══ RECORDS FOR THE EXERCISE

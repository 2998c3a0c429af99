-- ===== src/Explain.antt =====
-- The selector of one connection: `explainInput`, `FiveTuple`, `validateExplainInput` and
-- `buildFiveTupleFilter` of internal/pcap/explain.go.
pub mod Valid
pub mod Frame
pub mod Resolve
pub mod Laws
pub mod Tests
use cute_pcap_mcp.Base.{
  ℕ, zero, suc, ◌+◌, ◌-◌, ◌*◌, ◌%◌, ◌/◌, ◌<◌, ◌≤◌, Bool, true, false, not, ◌&&◌, ◌||◌, List, [],
  ◌∷◌, ◌++◌, map, Option, none, some, ◌≡◌, ◌≢◌, refl, sym, ap, ◌∙◌, ◌↔◌, ◌⊎◌, inl, inr, ltb, leb,
  ◌==◌, if◌then◌else◌, All, All-append, arith, Bool-cases, Option-cases, some_eq, length, any, all,
  take, drop, get_elem?, length-append, length-take, not-true,
}
use mathlib.Core.Option.{none, some}
use cute_pcap_mcp.Base.Text.{Bytes, codes, eq_bytes, to_lower, trim_space, is_empty}
use cute_pcap_mcp.Base.Text.Atoi.{print_int}
use cute_pcap_mcp.Base.Int.{ℤ, pos, lt_ℤ}
use cute_pcap_mcp.Errors.{
  Err, Result, ok, failed, then_do, require, validation, empty, invalid_format, out_of_range,
  missing_field_error,
}
use cute_pcap_mcp.Artifact.{Expectations}
use cute_pcap_mcp.Profile.{Net, F5Context, is_port, validate_f5_context}

pub record FiveTuple : Type 0 where
  pub source_ip : Bytes
  pub source_port : ℤ
  pub dest_ip : Bytes
  pub dest_port : ℤ
  pub protocol : Bytes

pub record ExplainInput : Type 0 where
  pub path : Bytes
  pub zeek_uid : Bytes
  pub five_tuple : Option FiveTuple
  pub frame_number : ℤ
  pub max_packet_rows : ℤ
  pub redact_secrets : Option Bool
  pub write_artifacts : Option Bool
  pub include_ascii : Option Bool
  pub expected : Expectations
  pub analysis_profile : Bytes
  pub f5_context : Option F5Context
  pub tls_keylog_path : Bytes

abbrev count_true : Bool → ℕ → ℕ
count_true b n = if b then suc n else n

abbrev pub is_given {ℓ} : {A : Type ℓ} → Option A → Bool
is_given none = false
is_given (some a) = true

-- The number of selectors that are set.
unfoldable pub selector_count : ExplainInput → ℕ
unfolding trim_space
selector_count input =
    count_true (not (is_empty (trim_space input.zeek_uid)))
      (count_true (is_given input.five_tuple) (count_true (lt_ℤ (pos 0) input.frame_number) 0))

abbrev invalid : Bytes → Bytes → Err
invalid field message = validation field invalid_format message

abbrev pub is_stream_protocol : Bytes → Bool
is_stream_protocol p = eq_bytes p (codes "tcp") || eq_bytes p (codes "udp")

unfoldable pub check_protocol : {A : Type 0} → FiveTuple → Result A → Result A
unfolding to_lower eq_bytes
check_protocol ft next =
    if is_stream_protocol (to_lower ft.protocol)
    then next
    else if is_empty (to_lower ft.protocol)
    then failed
        (validation (codes "five_tuple.protocol") empty (codes "protocol is required (tcp or udp)"))
    else failed (
        invalid (codes "five_tuple.protocol")
          (codes "protocol must be tcp or udp; got " ++ ft.protocol))

abbrev eq_Bool : Bool → Bool → Bool
eq_Bool true b = b
eq_Bool false b = not b

module _ {Addr : Type 0} (net : Net Addr) where
  unfoldable pub parse_address : Bytes → Bytes → Bytes → Result Addr
  unfolding trim_space
  parse_address field name ip = elim (net.parse (trim_space ip)) [
    | some a ↦ ok a
    | none ↦ failed (
        invalid field
          (name ++ codes " is not a valid IP address: " ++ net.parse_error (trim_space ip)))
  ]

  abbrev pub canonical : FiveTuple → Addr → Addr → FiveTuple
  canonical ft src dst = record ft {
    source_ip = net.without_zone src;
    dest_ip = net.without_zone dst;
  }

  -- The checks of a five-tuple, which is given back with the canonical text of its addresses.
  unfoldable pub check_tuple : FiveTuple → Result FiveTuple
  unfolding then_do require parse_address check_protocol
  check_tuple ft =
      require (not (is_empty ft.source_ip || is_empty ft.dest_ip))
        (validation (codes "five_tuple") empty (codes "source_ip and dest_ip are required"))
        (then_do (parse_address (codes "five_tuple.source_ip") (codes "source_ip") ft.source_ip)
          (λ src.
            then_do (parse_address (codes "five_tuple.dest_ip") (codes "dest_ip") ft.dest_ip)
              (λ dst.
                require (eq_Bool (net.is4 src) (net.is4 dst))
                  (invalid (codes "five_tuple") (
                    codes
                      "source_ip and dest_ip must be the same address family (both IPv4 or both IPv6)"))
                  (check_protocol ft (
                    require (is_port ft.source_port)
                      (validation (codes "five_tuple.source_port") out_of_range
                        (codes "source_port must be in [0, 65535]"))
                      (require (is_port ft.dest_port)
                        (validation (codes "five_tuple.dest_port") out_of_range
                          (codes "dest_port must be in [0, 65535]"))
                        (ok (canonical ft src dst))))))))

  abbrev pub check_selector : Option FiveTuple → Result (Option FiveTuple)
  check_selector none = ok none
  check_selector (some ft) = then_do (check_tuple ft) (λ t. ok (some t))

  abbrev pub unless_error : {A : Type 0} → Option Err → A → Result A
  unless_error none a = ok a
  unless_error (some e) a = failed e

  abbrev pub with_tuple : ExplainInput → Option FiveTuple → ExplainInput
  with_tuple input t = record input { five_tuple = t }

  -- `validateExplainInput`; the checked input is given back, since the code rewrites its five-tuple.
  unfoldable pub validate_explain_input : ExplainInput → Result ExplainInput
  unfolding then_do require missing_field_error selector_count check_tuple validate_f5_context
      print_int
  validate_explain_input input =
      require (not (is_empty input.path)) (missing_field_error (codes "path")) (
        require (ltb 0 (selector_count input))
          (validation (codes "selector") empty
            (codes "exactly one of zeek_uid, five_tuple, or frame_number is required"))
          (require (ltb (selector_count input) 2)
            (invalid (codes "selector") (
              codes "exactly one of zeek_uid, five_tuple, or frame_number may be set; received "
              ++ print_int (pos (selector_count input))))
            (then_do (check_selector input.five_tuple) (λ t.
              require (not (lt_ℤ input.max_packet_rows (pos 0)))
                (validation (codes "max_packet_rows") out_of_range
                  (codes "max_packet_rows must be non-negative"))
                (unless_error (validate_f5_context net input.f5_context) (with_tuple input t))))))

  abbrev pub is_v6 : Bytes → Bool
  is_v6 ip = elim (net.parse ip) [ none ↦ false | some a ↦ not (net.is4 a) ]

  -- `buildFiveTupleFilter`
  unfoldable pub build_five_tuple_filter : FiveTuple → Bytes
  unfolding to_lower print_int
  build_five_tuple_filter ft =
      let proto = to_lower ft.protocol in
      let field =
        if is_v6 ft.source_ip || is_v6 ft.dest_ip then codes "ipv6.addr" else codes "ip.addr" in
      codes "("
      ++ field
      ++ codes " eq "
      ++ ft.source_ip
      ++ codes " and "
      ++ field
      ++ codes " eq "
      ++ ft.dest_ip
      ++ codes " and "
      ++ proto
      ++ codes ".port eq "
      ++ print_int ft.source_port
      ++ codes " and "
      ++ proto
      ++ codes ".port eq "
      ++ print_int ft.dest_port
      ++ codes ")"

════

◆ REQUIREMENT: Across all lines of the data above, count those that contain the word "false", giving the number without further comment.

◆ RESULT FOR THIS EXERCISE: 4